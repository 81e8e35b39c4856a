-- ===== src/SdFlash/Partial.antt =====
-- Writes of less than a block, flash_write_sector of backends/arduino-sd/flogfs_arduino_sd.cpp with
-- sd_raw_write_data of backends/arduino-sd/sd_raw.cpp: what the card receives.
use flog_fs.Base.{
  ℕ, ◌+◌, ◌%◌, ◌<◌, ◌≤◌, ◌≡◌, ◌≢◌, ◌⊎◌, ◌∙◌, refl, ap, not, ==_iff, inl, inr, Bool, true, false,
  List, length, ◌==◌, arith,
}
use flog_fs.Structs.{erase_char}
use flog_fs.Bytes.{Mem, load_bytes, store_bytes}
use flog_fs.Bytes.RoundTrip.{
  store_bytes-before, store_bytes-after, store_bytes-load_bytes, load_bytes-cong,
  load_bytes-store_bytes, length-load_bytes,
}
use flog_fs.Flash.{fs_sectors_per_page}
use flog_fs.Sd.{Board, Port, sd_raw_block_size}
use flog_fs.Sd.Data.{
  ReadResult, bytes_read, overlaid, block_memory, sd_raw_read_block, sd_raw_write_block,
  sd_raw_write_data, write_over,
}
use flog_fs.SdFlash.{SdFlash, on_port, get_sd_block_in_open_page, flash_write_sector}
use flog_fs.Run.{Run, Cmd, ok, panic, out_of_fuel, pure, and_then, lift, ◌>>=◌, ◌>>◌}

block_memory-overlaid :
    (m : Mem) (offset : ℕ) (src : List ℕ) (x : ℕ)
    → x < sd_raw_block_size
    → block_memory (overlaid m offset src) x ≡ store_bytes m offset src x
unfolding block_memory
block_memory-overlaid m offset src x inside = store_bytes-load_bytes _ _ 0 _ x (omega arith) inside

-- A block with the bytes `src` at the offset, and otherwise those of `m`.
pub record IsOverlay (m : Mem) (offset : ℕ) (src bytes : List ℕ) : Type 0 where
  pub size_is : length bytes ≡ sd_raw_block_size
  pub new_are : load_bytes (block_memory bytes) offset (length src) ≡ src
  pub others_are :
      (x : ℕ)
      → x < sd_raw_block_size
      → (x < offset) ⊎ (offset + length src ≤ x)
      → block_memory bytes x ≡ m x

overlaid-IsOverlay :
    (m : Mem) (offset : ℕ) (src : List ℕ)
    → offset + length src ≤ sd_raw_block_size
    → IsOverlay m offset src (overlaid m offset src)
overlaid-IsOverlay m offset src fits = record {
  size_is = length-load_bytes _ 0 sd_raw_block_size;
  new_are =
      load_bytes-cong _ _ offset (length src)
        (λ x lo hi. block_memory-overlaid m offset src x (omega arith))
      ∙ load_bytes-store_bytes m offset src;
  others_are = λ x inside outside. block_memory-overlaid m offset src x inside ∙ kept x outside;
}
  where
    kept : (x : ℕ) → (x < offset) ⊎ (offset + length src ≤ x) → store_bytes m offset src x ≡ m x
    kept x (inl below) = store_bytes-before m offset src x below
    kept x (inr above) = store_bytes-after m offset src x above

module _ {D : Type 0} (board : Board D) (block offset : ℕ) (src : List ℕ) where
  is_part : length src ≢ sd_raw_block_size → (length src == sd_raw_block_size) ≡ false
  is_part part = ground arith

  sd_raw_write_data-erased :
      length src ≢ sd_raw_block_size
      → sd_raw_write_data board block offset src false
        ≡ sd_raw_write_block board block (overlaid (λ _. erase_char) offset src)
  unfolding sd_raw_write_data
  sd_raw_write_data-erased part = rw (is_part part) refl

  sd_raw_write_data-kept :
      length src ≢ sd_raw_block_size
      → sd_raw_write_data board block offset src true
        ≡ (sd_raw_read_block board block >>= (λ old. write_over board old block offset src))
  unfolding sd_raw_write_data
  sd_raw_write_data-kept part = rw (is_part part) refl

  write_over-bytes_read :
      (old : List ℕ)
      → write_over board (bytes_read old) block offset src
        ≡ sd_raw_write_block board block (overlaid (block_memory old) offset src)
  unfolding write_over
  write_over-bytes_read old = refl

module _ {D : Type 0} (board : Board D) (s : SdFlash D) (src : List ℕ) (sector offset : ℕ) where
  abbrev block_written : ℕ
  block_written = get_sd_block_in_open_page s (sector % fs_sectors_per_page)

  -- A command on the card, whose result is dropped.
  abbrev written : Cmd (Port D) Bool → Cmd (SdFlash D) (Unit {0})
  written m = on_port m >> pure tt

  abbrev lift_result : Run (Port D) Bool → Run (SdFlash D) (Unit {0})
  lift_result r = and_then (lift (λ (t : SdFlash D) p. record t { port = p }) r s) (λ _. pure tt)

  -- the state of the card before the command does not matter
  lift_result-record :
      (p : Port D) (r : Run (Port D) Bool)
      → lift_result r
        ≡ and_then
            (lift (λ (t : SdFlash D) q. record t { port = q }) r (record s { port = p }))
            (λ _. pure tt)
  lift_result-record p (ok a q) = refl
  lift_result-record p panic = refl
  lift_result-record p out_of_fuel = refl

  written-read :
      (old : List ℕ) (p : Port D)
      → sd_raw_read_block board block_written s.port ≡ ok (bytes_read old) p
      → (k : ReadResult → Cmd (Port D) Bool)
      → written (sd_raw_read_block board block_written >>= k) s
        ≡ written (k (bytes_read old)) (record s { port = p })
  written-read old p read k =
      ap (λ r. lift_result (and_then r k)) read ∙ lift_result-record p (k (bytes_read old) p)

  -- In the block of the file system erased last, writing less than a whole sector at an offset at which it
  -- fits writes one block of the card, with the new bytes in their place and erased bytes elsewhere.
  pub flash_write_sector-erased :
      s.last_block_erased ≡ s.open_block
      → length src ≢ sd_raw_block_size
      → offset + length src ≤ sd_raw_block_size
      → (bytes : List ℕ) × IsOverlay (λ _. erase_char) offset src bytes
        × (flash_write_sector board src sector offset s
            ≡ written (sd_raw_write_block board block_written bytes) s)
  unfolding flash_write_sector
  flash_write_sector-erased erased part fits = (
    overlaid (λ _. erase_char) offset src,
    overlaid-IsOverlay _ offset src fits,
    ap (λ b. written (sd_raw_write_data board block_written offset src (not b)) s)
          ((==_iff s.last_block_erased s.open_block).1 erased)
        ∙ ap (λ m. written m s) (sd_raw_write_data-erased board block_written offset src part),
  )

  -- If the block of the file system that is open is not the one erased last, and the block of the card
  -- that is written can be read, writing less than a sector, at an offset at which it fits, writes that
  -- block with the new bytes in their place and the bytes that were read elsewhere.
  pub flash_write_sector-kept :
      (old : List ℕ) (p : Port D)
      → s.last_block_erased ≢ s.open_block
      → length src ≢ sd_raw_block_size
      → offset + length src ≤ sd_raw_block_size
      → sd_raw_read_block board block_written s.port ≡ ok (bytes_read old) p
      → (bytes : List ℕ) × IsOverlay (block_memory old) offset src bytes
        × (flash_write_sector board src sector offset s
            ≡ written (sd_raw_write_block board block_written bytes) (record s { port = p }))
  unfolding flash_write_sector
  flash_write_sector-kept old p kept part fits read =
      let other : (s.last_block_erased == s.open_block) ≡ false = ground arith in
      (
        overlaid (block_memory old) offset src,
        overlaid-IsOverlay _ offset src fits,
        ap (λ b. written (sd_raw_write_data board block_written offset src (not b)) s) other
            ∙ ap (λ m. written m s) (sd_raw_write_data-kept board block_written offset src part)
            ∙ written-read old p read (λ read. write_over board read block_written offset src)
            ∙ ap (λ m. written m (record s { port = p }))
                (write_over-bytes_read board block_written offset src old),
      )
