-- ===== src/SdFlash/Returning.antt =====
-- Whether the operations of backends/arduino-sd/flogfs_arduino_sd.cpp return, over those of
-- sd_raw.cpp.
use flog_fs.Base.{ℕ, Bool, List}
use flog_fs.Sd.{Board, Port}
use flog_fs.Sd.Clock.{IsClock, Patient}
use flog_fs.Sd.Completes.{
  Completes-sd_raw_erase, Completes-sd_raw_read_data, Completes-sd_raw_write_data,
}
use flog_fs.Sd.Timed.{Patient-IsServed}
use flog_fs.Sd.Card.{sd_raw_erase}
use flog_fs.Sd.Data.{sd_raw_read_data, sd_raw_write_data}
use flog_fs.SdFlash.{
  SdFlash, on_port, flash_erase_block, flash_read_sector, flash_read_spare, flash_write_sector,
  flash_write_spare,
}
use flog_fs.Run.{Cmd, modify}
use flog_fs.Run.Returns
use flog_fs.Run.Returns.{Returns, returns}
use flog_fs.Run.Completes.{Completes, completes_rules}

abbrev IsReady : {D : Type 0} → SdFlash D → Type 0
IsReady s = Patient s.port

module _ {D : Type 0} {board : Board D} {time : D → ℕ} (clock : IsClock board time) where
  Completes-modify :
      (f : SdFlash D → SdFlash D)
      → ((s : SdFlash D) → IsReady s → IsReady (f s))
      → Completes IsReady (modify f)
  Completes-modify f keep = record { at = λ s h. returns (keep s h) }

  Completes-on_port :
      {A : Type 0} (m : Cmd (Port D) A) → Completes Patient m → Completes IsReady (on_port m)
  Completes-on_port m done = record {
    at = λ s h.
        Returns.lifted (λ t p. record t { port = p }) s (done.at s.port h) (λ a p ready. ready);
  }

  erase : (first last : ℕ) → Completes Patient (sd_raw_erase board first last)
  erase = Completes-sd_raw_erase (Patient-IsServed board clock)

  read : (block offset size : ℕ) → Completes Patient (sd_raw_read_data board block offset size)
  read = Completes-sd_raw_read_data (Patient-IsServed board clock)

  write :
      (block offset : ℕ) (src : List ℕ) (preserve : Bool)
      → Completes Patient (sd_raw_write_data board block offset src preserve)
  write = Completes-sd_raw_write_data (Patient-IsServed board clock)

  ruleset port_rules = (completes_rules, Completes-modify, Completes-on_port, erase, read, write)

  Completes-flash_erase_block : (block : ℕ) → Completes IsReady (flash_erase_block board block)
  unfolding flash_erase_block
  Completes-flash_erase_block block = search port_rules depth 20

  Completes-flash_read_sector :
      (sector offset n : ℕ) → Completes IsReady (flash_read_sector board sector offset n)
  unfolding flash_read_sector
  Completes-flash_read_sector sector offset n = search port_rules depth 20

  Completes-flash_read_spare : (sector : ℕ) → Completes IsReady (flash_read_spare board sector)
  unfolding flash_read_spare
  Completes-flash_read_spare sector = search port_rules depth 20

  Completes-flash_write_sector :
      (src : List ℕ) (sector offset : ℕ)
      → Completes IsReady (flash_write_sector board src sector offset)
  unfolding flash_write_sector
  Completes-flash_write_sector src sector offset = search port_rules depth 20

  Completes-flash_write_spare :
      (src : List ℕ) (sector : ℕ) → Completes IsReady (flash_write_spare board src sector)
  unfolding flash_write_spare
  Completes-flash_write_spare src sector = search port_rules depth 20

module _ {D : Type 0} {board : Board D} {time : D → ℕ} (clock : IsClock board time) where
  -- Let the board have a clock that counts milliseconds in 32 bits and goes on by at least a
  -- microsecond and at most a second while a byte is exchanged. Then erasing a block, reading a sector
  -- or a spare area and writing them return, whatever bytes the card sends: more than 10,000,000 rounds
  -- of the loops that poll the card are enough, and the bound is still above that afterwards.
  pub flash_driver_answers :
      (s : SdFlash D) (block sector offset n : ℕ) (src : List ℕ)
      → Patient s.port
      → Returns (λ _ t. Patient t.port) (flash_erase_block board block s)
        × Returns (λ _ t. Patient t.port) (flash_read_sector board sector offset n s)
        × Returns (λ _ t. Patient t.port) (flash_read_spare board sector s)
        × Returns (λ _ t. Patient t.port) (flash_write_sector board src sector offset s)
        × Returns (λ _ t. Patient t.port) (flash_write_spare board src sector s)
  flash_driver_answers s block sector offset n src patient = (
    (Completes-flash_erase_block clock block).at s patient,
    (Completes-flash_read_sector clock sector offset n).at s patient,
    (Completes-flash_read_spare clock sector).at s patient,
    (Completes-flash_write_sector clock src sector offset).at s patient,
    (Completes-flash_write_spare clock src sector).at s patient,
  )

**Your assignment:** Tally the lines in this data that hold the word "Unit" and state only the count.

**Expected answer:** 2